START Records for processing

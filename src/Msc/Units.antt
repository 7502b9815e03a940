-- ===== src/Msc/Units.antt =====
-- No operation of the class changes its logical units.
use usbdevice.Base.{ℕ, zero, suc, ◌+◌, ◌≡◌, ◌∙◌, refl, leb, get_or, Bool-cases, inl, inr, arith}
use usbdevice.Device.{Platform, EpRef}
use usbdevice.Msc.{MscState, command_out, data_in, data_out, Msc, MscCtx}
use usbdevice.Msc.Blocks.{
  send_csw, receive_cbw, read10, write10, in_data, process_read, process_write, put_sense_code, aim,
  read_part, write_part, move_on, on_msc,
}
use usbdevice.Msc.Commands.{
  process_command, send_response, route_command, verify10, inquiry_command, read_format_capacity,
  test_unit_ready, request_sense, start_stop_unit, prevent_allow_medium_removal, mode_sense6,
  mode_sense10, read_capacity10,
}
use usbdevice.Msc.Transport.{
  out_data, out_data_at, setup_stage, take_command, take_data, close_command, reject_cbw,
  open_status, is_valid_cbw,
}
use usbdevice.Msc.Mount.{init, deinit, for_units, init_unit, deinit_unit}

module _ (p : Platform) where
  process_read-lus : (c : MscCtx) → (process_read p c).1.itf.lus ≡ c.itf.lus
  unfolding process_read read_part move_on put_sense_code
  process_read-lus c = ground arith

  process_write-lus : (c : MscCtx) → (process_write p c).1.itf.lus ≡ c.itf.lus
  unfolding process_write write_part move_on put_sense_code
  process_write-lus c = ground arith

  read10-lus : (c : MscCtx) → (read10 p c).1.itf.lus ≡ c.itf.lus
  unfolding read10 put_sense_code aim
  read10-lus c =
      ground (arith, process_read-lus (record c { itf = record (aim c.itf) { state = data_in } }))

  write10-lus : (c : MscCtx) → (write10 p c).1.itf.lus ≡ c.itf.lus
  unfolding write10 put_sense_code aim
  write10-lus c = ground arith

  route_command-lus : (op : ℕ) (c : MscCtx) → (route_command p op c).1.itf.lus ≡ c.itf.lus
  unfolding route_command verify10 inquiry_command read_format_capacity test_unit_ready
      request_sense start_stop_unit prevent_allow_medium_removal mode_sense6 mode_sense10
      read_capacity10 put_sense_code
  route_command-lus op c = ground (arith, read10-lus c, write10-lus c)

  send_response-lus : (v : ℕ × MscCtx) → (send_response p v).itf.lus ≡ v.1.itf.lus
  unfolding send_response
  send_response-lus (len, c) = ground arith

  close_command-lus : (c : MscCtx) → (close_command p c).itf.lus ≡ c.itf.lus
  unfolding close_command send_csw receive_cbw
  close_command-lus c = ground arith

  take_command-lus : (len : ℕ) (c : MscCtx) → (take_command p len c).itf.lus ≡ c.itf.lus
  unfolding take_command process_command reject_cbw open_status put_sense_code
  take_command-lus len c =
      let o = on_msc open_status c in
      let v = route_command p (get_or c.itf.cbw.cb 0 0) o in
      elim (Bool-cases (is_valid_cbw len c.itf)) [
        | inl e ↦ rw e (
            close_command-lus (send_response p v)
            ∙ (send_response-lus v ∙ route_command-lus (get_or c.itf.cbw.cb 0 0) o))
        | inr e ↦ rw e refl
      ]

  take_data-lus : (c : MscCtx) → (take_data p c).itf.lus ≡ c.itf.lus
  unfolding take_data send_csw receive_cbw
  take_data-lus c = ground (arith, process_write-lus c)

  out_data_at-lus :
      (s : MscState) (len : ℕ) (c : MscCtx) → (out_data_at p s len c).itf.lus ≡ c.itf.lus
  unfolding send_csw receive_cbw
  out_data_at-lus command_out len c = take_command-lus len c
  out_data_at-lus data_out len c = take_data-lus c
  out_data_at-lus _ len c = ground arith

  pub out_data-lus : (ep : EpRef) (c : MscCtx) → (out_data p ep c).itf.lus ≡ c.itf.lus
  unfolding out_data
  out_data-lus ep c = out_data_at-lus c.itf.state _ c

  pub in_data-lus : (c : MscCtx) → (in_data p c).itf.lus ≡ c.itf.lus
  unfolding in_data send_csw receive_cbw
  in_data-lus c = ground (arith, process_read-lus c)

  pub setup_stage-lus : (c : MscCtx) → (setup_stage p c).1.itf.lus ≡ c.itf.lus
  unfolding setup_stage
  setup_stage-lus c = ground arith

  for_units-lus :
      (body : ℕ → Msc → Msc)
      → ((lun : ℕ) (i : Msc) → (body lun i).lus ≡ i.lus)
      → (fuel lun : ℕ) (i : Msc) → (for_units body fuel lun i).lus ≡ i.lus
  unfolding for_units
  for_units-lus body keep zero lun i = refl
  for_units-lus body keep (suc fuel) lun i = elim (Bool-cases (leb lun i.max_lun)) [
    | inl e ↦ rw e (for_units-lus body keep fuel (lun + 1) (body lun i) ∙ keep lun i)
    | inr e ↦ rw e refl
  ]

  init_unit-lus : (lun : ℕ) (i : Msc) → (init_unit lun i).lus ≡ i.lus
  unfolding init_unit
  init_unit-lus lun i = ground arith

  deinit_unit-lus : (lun : ℕ) (i : Msc) → (deinit_unit lun i).lus ≡ i.lus
  unfolding deinit_unit
  deinit_unit-lus lun i = ground arith

  pub init-lus : (c : MscCtx) → (init p c).itf.lus ≡ c.itf.lus
  unfolding init receive_cbw
  init-lus c = for_units-lus init_unit init_unit-lus 256 0 _

  pub deinit-lus : (c : MscCtx) → (deinit p c).itf.lus ≡ c.itf.lus
  unfolding deinit
  deinit-lus c = for_units-lus deinit_unit deinit_unit-lus 256 0 _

END Records for processing

Try it -> Using the records above, restate word for word the lines from the one with "i).lus ≡ i.lus)" through the one with "unfolding deinit_unit", both included.

Solved exercise ->
      → ((lun : ℕ) (i : Msc) → (body lun i).lus ≡ i.lus)
      → (fuel lun : ℕ) (i : Msc) → (for_units body fuel lun i).lus ≡ i.lus
  unfolding for_units
  for_units-lus body keep zero lun i = refl
  for_units-lus body keep (suc fuel) lun i = elim (Bool-cases (leb lun i.max_lun)) [
    | inl e ↦ rw e (for_units-lus body keep fuel (lun + 1) (body lun i) ∙ keep lun i)
    | inr e ↦ rw e refl
  ]

  init_unit-lus : (lun : ℕ) (i : Msc) → (init_unit lun i).lus ≡ i.lus
  unfolding init_unit
  init_unit-lus lun i = ground arith

  deinit_unit-lus : (lun : ℕ) (i : Msc) → (deinit_unit lun i).lus ≡ i.lus
  unfolding deinit_unit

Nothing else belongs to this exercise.